A Shoah que nunca acaba: um livro de Gabriele Nissim que vai além da memória e não negligencia outros genocídios

“Eu faço uma confissão. Muitas vezes me pergunto se os judeus fizeram algo ruim que desencadeou tudo isso. Sou religioso e não consigo entender. Você acha que Deus tem algo a ver com tudo isso?” É o capítulo – Uma freira em Auschwitz – do último livro de Gabriele Nissim, “Auschwitz nunca acaba – A memória da Shoah e os novos genocídios”, editado por rizzoli, 259 páginas, 19,00 euros.

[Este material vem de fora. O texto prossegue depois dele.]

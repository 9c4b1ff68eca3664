-- ===== src/Tests/Api/Laws.antt =====
-- The server with room for one object keeps the laws of the API.
use old_broker_repo.Prelude.{
  ℕ, Text, codes, [], ◌∷◌, Option, none, some, ◌≡◌, ◌≢◌, ◌⊎◌, inl, inr, Bool, true, false, refl,
  arith, ◌==◌, eq_refl, eq_iff, ◌&&◌, ◌||◌, if◌then◌else◌, Bool-cases, Memᴰ, sym, ap,
}
use old_broker_repo.Crd.Objects.{IstioKindList, get_items}
use old_broker_repo.Crd.Api.{Same, Sets, IsAnswerTo, IsWritten, IsReplaced, ApiLaws}
use old_broker_repo.Tests.World.{TestMessage}
use old_broker_repo.Tests.Api.{
  Object, Slot, Room, is_at, held, at_revision, fetch, place, is_current, replace, remove, listed,
  server,
}

pub made-IsAnswerTo : (r : Text) (body : Object) → IsAnswerTo body (at_revision r body)
made-IsAnswerTo r body = record {
  name = refl;
  namespace = refl;
  labels = refl;
  annotations = refl;
  spec = refl;
}

pub is_at_sound :
    (x : Slot) (ns res n : Text)
    → is_at x ns res n ≡ true
    → (x.namespace ≡ ns) × (x.resource ≡ res) × (x.name ≡ n)
is_at_sound x ns res n h =
    let a : (x.namespace == ns) ≡ true = ground arith in
    let b : (x.resource == res) ≡ true = ground arith in
    let d : (x.name == n) ≡ true = ground arith in
    ((eq_iff x.namespace ns).0 a, (eq_iff x.resource res).0 b, (eq_iff x.name n).0 d)

if-same :
    (b : Bool) (v o : Option Object)
    → (if b then v else none) ≡ (if b then v else if b then o else none)
if-same true v o = refl
if-same false v o = refl

if-none :
    (b : Bool) (o : Option Object)
    → ◌≡◌ {A = Option Object} none (if b then none else if b then o else none)
if-none true o = refl
if-none false o = refl

pub longer-ne : (l : Text) (c : ℕ) → c ∷ l ≢ l
longer-ne [] c p = cc
longer-ne (x ∷ l) c p = longer-ne l x (ground arith)

pub current_sound :
    (body old : Object)
    → is_current body old ≡ true
    → body.object_meta.resource_version ≢ []
    → old.object_meta.resource_version ≡ body.object_meta.resource_version
current_sound body old h m = ground (
  arith,
  eq_iff body.object_meta.resource_version [],
  eq_iff body.object_meta.resource_version old.object_meta.resource_version,
)

pub post_lem :
    (ns res : Text) (body k : Object) (w : Room)
    → let (answer, w') = place ns res body k w in
      ((answer.0 ≢ none) × Same (held w) (held w'))
      ⊎ ((held w ns res body.object_meta.name ≡ none)
          × IsWritten ns res body.object_meta.name body answer (held w) (held w'))
post_lem ns res body k none = inr (
  refl,
  record {
    object = at_revision (codes "8") body;
    sent = made-IsAnswerTo (codes "8") body;
    sets = λ a b d. refl;
    answered = λ _. refl;
  },
)
post_lem ns res body k (some x) = inl ((λ h. cc), λ a b d. refl)

pub put_lem :
    (ns res n : Text) (body k : Object) (w : Room)
    → let (answer, w') = replace ns res n body k w in
      ((answer.0 ≢ none) × Same (held w) (held w'))
      ⊎ IsReplaced ns res n body answer (held w) (held w')
put_lem ns res n body k none = inl ((λ h. cc), λ a b d. refl)
put_lem ns res n body k (some x) =
    elim (Bool-cases (is_at x ns res n && is_current body x.object)) [
      | inl h ↦
          let (p, q, r) = is_at_sound x ns res n (ground arith) in
          let current : is_current body x.object ≡ true = ground arith in
          rw h (
            inr (record {
              old = x.object;
              held = rw (p, q, r, eq_refl ns, eq_refl res, eq_refl n);
              current = λ m. current_sound body x.object current m;
              written = record {
                object = at_revision (0 ∷ x.object.object_meta.resource_version) body;
                sent = made-IsAnswerTo (0 ∷ x.object.object_meta.resource_version) body;
                sets = λ ns' res' n'.
                    rw (p, q, r)
                      (if-same (ns == ns' && (res == res' && n == n'))
                        (some (at_revision (0 ∷ x.object.object_meta.resource_version) body))
                        (some x.object));
                answered = λ _. refl;
              };
              fresh = inl (longer-ne x.object.object_meta.resource_version 0);
            }))
      | inr h ↦ rw h (inl ((λ h. cc), λ a b d. refl))
    ]

pub delete_lem :
    (ns res n : Text) (w : Room)
    → let (e, w') = remove ns res n w in
      ((e ≢ none) × Same (held w) (held w')) ⊎ Sets ns res n none (held w) (held w')
delete_lem ns res n none = inl ((λ h. cc), λ a b d. refl)
delete_lem ns res n (some x) = elim (Bool-cases (is_at x ns res n)) [
  | inl h ↦
      let (p, q, r) = is_at_sound x ns res n h in
      rw h (
        inr (λ ns' res' n'.
          rw (p, q, r) (if-none (ns == ns' && (res == res' && n == n')) (some x.object))))
  | inr h ↦ rw h (inl ((λ h. cc), λ a b d. refl))
]

pub fetch_same :
    (ns res n : Text) (k : Object) (w : Room) → Same (held w) (held (fetch ns res n k w).1)
fetch_same ns res n k none = λ a b d. refl
fetch_same ns res n k (some x) = elim (Bool-cases (is_at x ns res n)) [
  | inl h ↦ rw h (λ a b d. refl)
  | inr h ↦ rw h (λ a b d. refl)
]

pub fetch_lem :
    (ns res n : Text) (k : Object) (w : Room)
    → (fetch ns res n k w).0.0 ≡ none
    → held w ns res n ≡ some (fetch ns res n k w).0.1
fetch_lem ns res n k none h = cc
fetch_lem ns res n k (some x) h = ground arith

list_sound :
    (ns res : Text) (w : Room) (item : Option Object)
    → Memᴰ item (listed ns res w)
    → (ns' n : Text) × (k : Object) × (item ≡ some k)
      × (held w ns' res n ≡ some k)
      × ((ns ≡ []) ⊎ (ns ≡ ns'))
list_sound ns res none item m = elim m [ ]
list_sound ns res (some x) item m =
    elim (Bool-cases (x.resource == res && (ns == [] || ns == x.namespace))) [
      | inl h ↦ elim (rw h at m) [
        | Memᴰ.head p ↦ (
          x.namespace,
          x.name,
          x.object,
          p,
          (let q = (eq_iff x.resource res).0 (ground arith) in
              rw (q, eq_refl x.namespace, eq_refl res, eq_refl x.name)),
          ground (arith, eq_iff ns [], eq_iff ns x.namespace),
        )
        | Memᴰ.tail m' ↦ elim m' [ ]
      ]
      | inr h ↦ elim (rw h at m) [ ]
    ]

list_complete :
    (ns res : Text) (w : Room) (ns' n : Text) (k : Object)
    → held w ns' res n ≡ some k
    → (ns ≡ []) ⊎ (ns ≡ ns')
    → Memᴰ (some k) (listed ns res w)
list_complete ns res none ns' n k h i = cc
list_complete ns res (some x) ns' n k h i =
    let at : is_at x ns' res n ≡ true = ground arith in
    let (p, q, r) = is_at_sound x ns' res n at in
    let same : x.object ≡ k = ground arith in
    let inside : (ns == [] || ns == x.namespace) ≡ true =
      ground (arith, eq_iff ns [], eq_iff ns x.namespace) in
    rw (q, eq_refl res, inside) (Memᴰ.head (ap some (sym same)))

pub list_found :
    (ns res : Text) (l : IstioKindList TestMessage) (w : Room) (item : Option Object)
    → Memᴰ item (get_items (server.list_into ns res l w).0.1)
    → (ns' n : Text) × (k : Object) × (item ≡ some k)
      × (held w ns' res n ≡ some k)
      × ((ns ≡ []) ⊎ (ns ≡ ns'))
unfolding get_items
list_found ns res l w item m = list_sound ns res w item m

pub list_all :
    (ns res : Text) (l : IstioKindList TestMessage) (w : Room) (ns' n : Text) (k : Object)
    → held w ns' res n ≡ some k
    → (ns ≡ []) ⊎ (ns ≡ ns')
    → Memᴰ (some k) (get_items (server.list_into ns res l w).0.1)
unfolding get_items
list_all ns res l w ns' n k h i = list_complete ns res w ns' n k h i

unfoldable pub laws : ApiLaws server
laws = record {
  stored = held;
  post = post_lem;
  put = put_lem;
  delete = delete_lem;
  get_same = fetch_same;
  get_lem = fetch_lem;
  list_same = λ ns res l w a b d. refl;
  list_lem =
      λ ns res l w h. record { sound = list_found ns res l w; complete = list_all ns res l w };
}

A memória judaica do Holocausto: armadilha ou colete salva-vidas?

Um livro intenso, cheio de referências, até mesmo problemático, desde a premissa. “Considero a Shoah o mal extremo do século XX, o extermínio paradigmático, o acontecimento que fez toda a humanidade pensar nas consequências do anti-semitismo e no próprio conceito de genocídio... afetou os judeus em toda a história da humanidade e se repetiu quase como se fosse um dogma que jamais deveria ser questionado, como se arriscasse trair a memória de milhões de vítimas abandonadas pelo mundo é uma armadilha ou um salva-vidas?”

E ainda: “A insistência, a obsessão em reiterar a memória do Holocausto como evento único na história correm o risco de criar uma divisão profunda entre mim como judeu e os outros seres humanos”, ainda mais quando são incorporados à interpretação religiosa e colocados na base da identidade judaica. 

A lição de Primo Levi

A pequena freira de Auschwitz "precisava salvar a obra de Deus. É o mesmo mecanismo dos Lubavitchers e dos judeus ortodoxos", observa Nissim, e o refutação de uma responsabilidade divina no extermínio levado a cabo pelos nazis torna-se o fio condutor que percorre todo o livro, incluindo a suspensa mas ainda incendiária questão do reconhecimento do Estado palestiniano. 

É o conceito de responsabilidade pelas escolhas humanas o que Nissim coloca na base do texto, muitas vezes referindo-se a Primo Levi "capaz de explicar como ninguém, com prosa desprovida de retórica, a projeto de desumanização científica das vítimas sem o qual a solução final não teria sido possível”. Nissim escreve: “Levi me ensinou a olhar para o Holocausto como um mal extremo que afeta toda a humanidade. Não é algo que diz respeito apenas aos judeus, como se o que estivesse em jogo fosse apenas o da rediscussão da identidade judaica após o extermínio. Ele foi primeiro um homem e depois um judeu, como eu sinto".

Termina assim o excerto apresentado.